START DATASET RECORDS

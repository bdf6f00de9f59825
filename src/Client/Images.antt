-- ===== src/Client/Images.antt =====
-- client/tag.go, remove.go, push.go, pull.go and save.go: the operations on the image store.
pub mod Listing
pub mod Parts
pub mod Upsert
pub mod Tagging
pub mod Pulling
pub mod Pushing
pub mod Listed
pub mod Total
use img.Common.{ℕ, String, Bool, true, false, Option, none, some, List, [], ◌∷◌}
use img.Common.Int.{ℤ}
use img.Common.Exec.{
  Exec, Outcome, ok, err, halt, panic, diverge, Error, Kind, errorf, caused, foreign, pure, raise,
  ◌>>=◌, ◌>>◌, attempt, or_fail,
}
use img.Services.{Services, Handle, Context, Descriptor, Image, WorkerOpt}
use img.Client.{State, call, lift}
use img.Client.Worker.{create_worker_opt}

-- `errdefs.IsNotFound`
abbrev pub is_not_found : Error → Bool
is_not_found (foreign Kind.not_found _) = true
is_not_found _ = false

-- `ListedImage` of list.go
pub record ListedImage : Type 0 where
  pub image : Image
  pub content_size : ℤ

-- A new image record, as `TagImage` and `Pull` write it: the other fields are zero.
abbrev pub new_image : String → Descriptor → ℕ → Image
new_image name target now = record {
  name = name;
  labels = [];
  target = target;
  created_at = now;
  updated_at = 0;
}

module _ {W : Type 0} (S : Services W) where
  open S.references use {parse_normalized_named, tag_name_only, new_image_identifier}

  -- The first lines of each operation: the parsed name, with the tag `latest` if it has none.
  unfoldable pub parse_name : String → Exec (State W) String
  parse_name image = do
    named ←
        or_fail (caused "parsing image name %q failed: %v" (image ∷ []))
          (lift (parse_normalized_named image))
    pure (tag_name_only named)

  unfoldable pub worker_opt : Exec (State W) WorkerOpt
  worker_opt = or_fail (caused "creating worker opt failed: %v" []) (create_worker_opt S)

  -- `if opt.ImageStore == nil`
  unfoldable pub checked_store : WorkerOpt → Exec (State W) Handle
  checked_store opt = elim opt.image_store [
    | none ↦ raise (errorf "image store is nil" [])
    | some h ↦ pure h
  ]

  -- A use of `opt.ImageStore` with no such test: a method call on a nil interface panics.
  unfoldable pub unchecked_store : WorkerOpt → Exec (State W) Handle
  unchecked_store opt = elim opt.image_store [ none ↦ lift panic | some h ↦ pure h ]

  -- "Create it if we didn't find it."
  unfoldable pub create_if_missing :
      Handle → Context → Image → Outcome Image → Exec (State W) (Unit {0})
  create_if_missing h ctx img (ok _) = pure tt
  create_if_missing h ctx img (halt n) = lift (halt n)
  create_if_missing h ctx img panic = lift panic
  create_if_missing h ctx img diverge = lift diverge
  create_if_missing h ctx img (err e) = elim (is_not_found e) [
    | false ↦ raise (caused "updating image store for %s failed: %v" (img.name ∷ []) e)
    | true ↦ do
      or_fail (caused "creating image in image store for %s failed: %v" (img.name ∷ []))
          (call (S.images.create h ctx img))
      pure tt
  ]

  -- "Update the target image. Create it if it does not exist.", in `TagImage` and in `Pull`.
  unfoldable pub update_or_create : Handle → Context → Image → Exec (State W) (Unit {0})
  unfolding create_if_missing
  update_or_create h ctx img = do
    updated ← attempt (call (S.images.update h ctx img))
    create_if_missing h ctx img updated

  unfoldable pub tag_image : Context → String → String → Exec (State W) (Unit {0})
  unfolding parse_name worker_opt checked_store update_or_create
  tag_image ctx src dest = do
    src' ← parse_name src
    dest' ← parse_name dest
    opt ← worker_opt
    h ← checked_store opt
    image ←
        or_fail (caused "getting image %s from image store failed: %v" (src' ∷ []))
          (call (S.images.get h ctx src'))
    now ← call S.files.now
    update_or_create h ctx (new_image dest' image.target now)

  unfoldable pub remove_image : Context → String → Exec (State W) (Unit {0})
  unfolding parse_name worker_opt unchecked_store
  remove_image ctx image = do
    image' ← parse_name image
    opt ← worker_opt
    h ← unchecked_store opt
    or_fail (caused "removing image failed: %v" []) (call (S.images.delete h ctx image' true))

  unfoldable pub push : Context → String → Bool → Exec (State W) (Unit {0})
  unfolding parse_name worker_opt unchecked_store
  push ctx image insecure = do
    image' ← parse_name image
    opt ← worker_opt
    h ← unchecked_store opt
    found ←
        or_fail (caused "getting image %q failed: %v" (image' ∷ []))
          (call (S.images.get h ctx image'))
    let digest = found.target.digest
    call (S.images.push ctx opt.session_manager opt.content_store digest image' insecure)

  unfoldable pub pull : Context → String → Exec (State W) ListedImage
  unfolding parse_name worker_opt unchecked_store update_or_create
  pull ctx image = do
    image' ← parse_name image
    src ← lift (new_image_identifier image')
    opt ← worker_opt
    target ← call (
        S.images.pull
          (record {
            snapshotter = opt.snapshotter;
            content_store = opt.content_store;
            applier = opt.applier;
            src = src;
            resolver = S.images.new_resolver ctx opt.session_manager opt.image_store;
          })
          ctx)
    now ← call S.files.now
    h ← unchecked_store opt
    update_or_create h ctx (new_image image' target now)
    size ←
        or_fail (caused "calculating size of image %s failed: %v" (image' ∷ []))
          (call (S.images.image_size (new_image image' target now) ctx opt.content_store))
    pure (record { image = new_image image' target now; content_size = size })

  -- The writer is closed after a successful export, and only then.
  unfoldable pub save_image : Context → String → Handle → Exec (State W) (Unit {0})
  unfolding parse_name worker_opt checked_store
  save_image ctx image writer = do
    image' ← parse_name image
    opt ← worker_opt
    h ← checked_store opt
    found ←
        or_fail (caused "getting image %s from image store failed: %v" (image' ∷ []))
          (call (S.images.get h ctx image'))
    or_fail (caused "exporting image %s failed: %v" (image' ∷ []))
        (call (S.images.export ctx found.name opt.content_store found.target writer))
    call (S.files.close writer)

END DATASET RECORDS

→ TASK ITEM: With no alteration of any kind, give the data again in full.

→ SOLUTION TO THIS PROBLEM:
repository bdf6f00de9f59825
filename src/Client/Images.antt
-- ===== src/Client/Images.antt =====
-- client/tag.go, remove.go, push.go, pull.go and save.go: the operations on the image store.
pub mod Listing
pub mod Parts
pub mod Upsert
pub mod Tagging
pub mod Pulling
pub mod Pushing
pub mod Listed
pub mod Total
use img.Common.{ℕ, String, Bool, true, false, Option, none, some, List, [], ◌∷◌}
use img.Common.Int.{ℤ}
use img.Common.Exec.{
  Exec, Outcome, ok, err, halt, panic, diverge, Error, Kind, errorf, caused, foreign, pure, raise,
  ◌>>=◌, ◌>>◌, attempt, or_fail,
}
use img.Services.{Services, Handle, Context, Descriptor, Image, WorkerOpt}
use img.Client.{State, call, lift}
use img.Client.Worker.{create_worker_opt}

-- `errdefs.IsNotFound`
abbrev pub is_not_found : Error → Bool
is_not_found (foreign Kind.not_found _) = true
is_not_found _ = false

-- `ListedImage` of list.go
pub record ListedImage : Type 0 where
  pub image : Image
  pub content_size : ℤ

-- A new image record, as `TagImage` and `Pull` write it: the other fields are zero.
abbrev pub new_image : String → Descriptor → ℕ → Image
new_image name target now = record {
  name = name;
  labels = [];
  target = target;
  created_at = now;
  updated_at = 0;
}

module _ {W : Type 0} (S : Services W) where
  open S.references use {parse_normalized_named, tag_name_only, new_image_identifier}

  -- The first lines of each operation: the parsed name, with the tag `latest` if it has none.
  unfoldable pub parse_name : String → Exec (State W) String
  parse_name image = do
    named ←
        or_fail (caused "parsing image name %q failed: %v" (image ∷ []))
          (lift (parse_normalized_named image))
    pure (tag_name_only named)

  unfoldable pub worker_opt : Exec (State W) WorkerOpt
  worker_opt = or_fail (caused "creating worker opt failed: %v" []) (create_worker_opt S)

  -- `if opt.ImageStore == nil`
  unfoldable pub checked_store : WorkerOpt → Exec (State W) Handle
  checked_store opt = elim opt.image_store [
    | none ↦ raise (errorf "image store is nil" [])
    | some h ↦ pure h
  ]

  -- A use of `opt.ImageStore` with no such test: a method call on a nil interface panics.
  unfoldable pub unchecked_store : WorkerOpt → Exec (State W) Handle
  unchecked_store opt = elim opt.image_store [ none ↦ lift panic | some h ↦ pure h ]

  -- "Create it if we didn't find it."
  unfoldable pub create_if_missing :
      Handle → Context → Image → Outcome Image → Exec (State W) (Unit {0})
  create_if_missing h ctx img (ok _) = pure tt
  create_if_missing h ctx img (halt n) = lift (halt n)
  create_if_missing h ctx img panic = lift panic
  create_if_missing h ctx img diverge = lift diverge
  create_if_missing h ctx img (err e) = elim (is_not_found e) [
    | false ↦ raise (caused "updating image store for %s failed: %v" (img.name ∷ []) e)
    | true ↦ do
      or_fail (caused "creating image in image store for %s failed: %v" (img.name ∷ []))
          (call (S.images.create h ctx img))
      pure tt
  ]

  -- "Update the target image. Create it if it does not exist.", in `TagImage` and in `Pull`.
  unfoldable pub update_or_create : Handle → Context → Image → Exec (State W) (Unit {0})
  unfolding create_if_missing
  update_or_create h ctx img = do
    updated ← attempt (call (S.images.update h ctx img))
    create_if_missing h ctx img updated

  unfoldable pub tag_image : Context → String → String → Exec (State W) (Unit {0})
  unfolding parse_name worker_opt checked_store update_or_create
  tag_image ctx src dest = do
    src' ← parse_name src
    dest' ← parse_name dest
    opt ← worker_opt
    h ← checked_store opt
    image ←
        or_fail (caused "getting image %s from image store failed: %v" (src' ∷ []))
          (call (S.images.get h ctx src'))
    now ← call S.files.now
    update_or_create h ctx (new_image dest' image.target now)

  unfoldable pub remove_image : Context → String → Exec (State W) (Unit {0})
  unfolding parse_name worker_opt unchecked_store
  remove_image ctx image = do
    image' ← parse_name image
    opt ← worker_opt
    h ← unchecked_store opt
    or_fail (caused "removing image failed: %v" []) (call (S.images.delete h ctx image' true))

  unfoldable pub push : Context → String → Bool → Exec (State W) (Unit {0})
  unfolding parse_name worker_opt unchecked_store
  push ctx image insecure = do
    image' ← parse_name image
    opt ← worker_opt
    h ← unchecked_store opt
    found ←
        or_fail (caused "getting image %q failed: %v" (image' ∷ []))
          (call (S.images.get h ctx image'))
    let digest = found.target.digest
    call (S.images.push ctx opt.session_manager opt.content_store digest image' insecure)

  unfoldable pub pull : Context → String → Exec (State W) ListedImage
  unfolding parse_name worker_opt unchecked_store update_or_create
  pull ctx image = do
    image' ← parse_name image
    src ← lift (new_image_identifier image')
    opt ← worker_opt
    target ← call (
        S.images.pull
          (record {
            snapshotter = opt.snapshotter;
            content_store = opt.content_store;
            applier = opt.applier;
            src = src;
            resolver = S.images.new_resolver ctx opt.session_manager opt.image_store;
          })
          ctx)
    now ← call S.files.now
    h ← unchecked_store opt
    update_or_create h ctx (new_image image' target now)
    size ←
        or_fail (caused "calculating size of image %s failed: %v" (image' ∷ []))
          (call (S.images.image_size (new_image image' target now) ctx opt.content_store))
    pure (record { image = new_image image' target now; content_size = size })

  -- The writer is closed after a successful export, and only then.
  unfoldable pub save_image : Context → String → Handle → Exec (State W) (Unit {0})
  unfolding parse_name worker_opt checked_store
  save_image ctx image writer = do
    image' ← parse_name image
    opt ← worker_opt
    h ← checked_store opt
    found ←
        or_fail (caused "getting image %s from image store failed: %v" (image' ∷ []))
          (call (S.images.get h ctx image'))
    or_fail (caused "exporting image %s failed: %v" (image' ∷ []))
        (call (S.images.export ctx found.name opt.content_store found.target writer))
    call (S.files.close writer)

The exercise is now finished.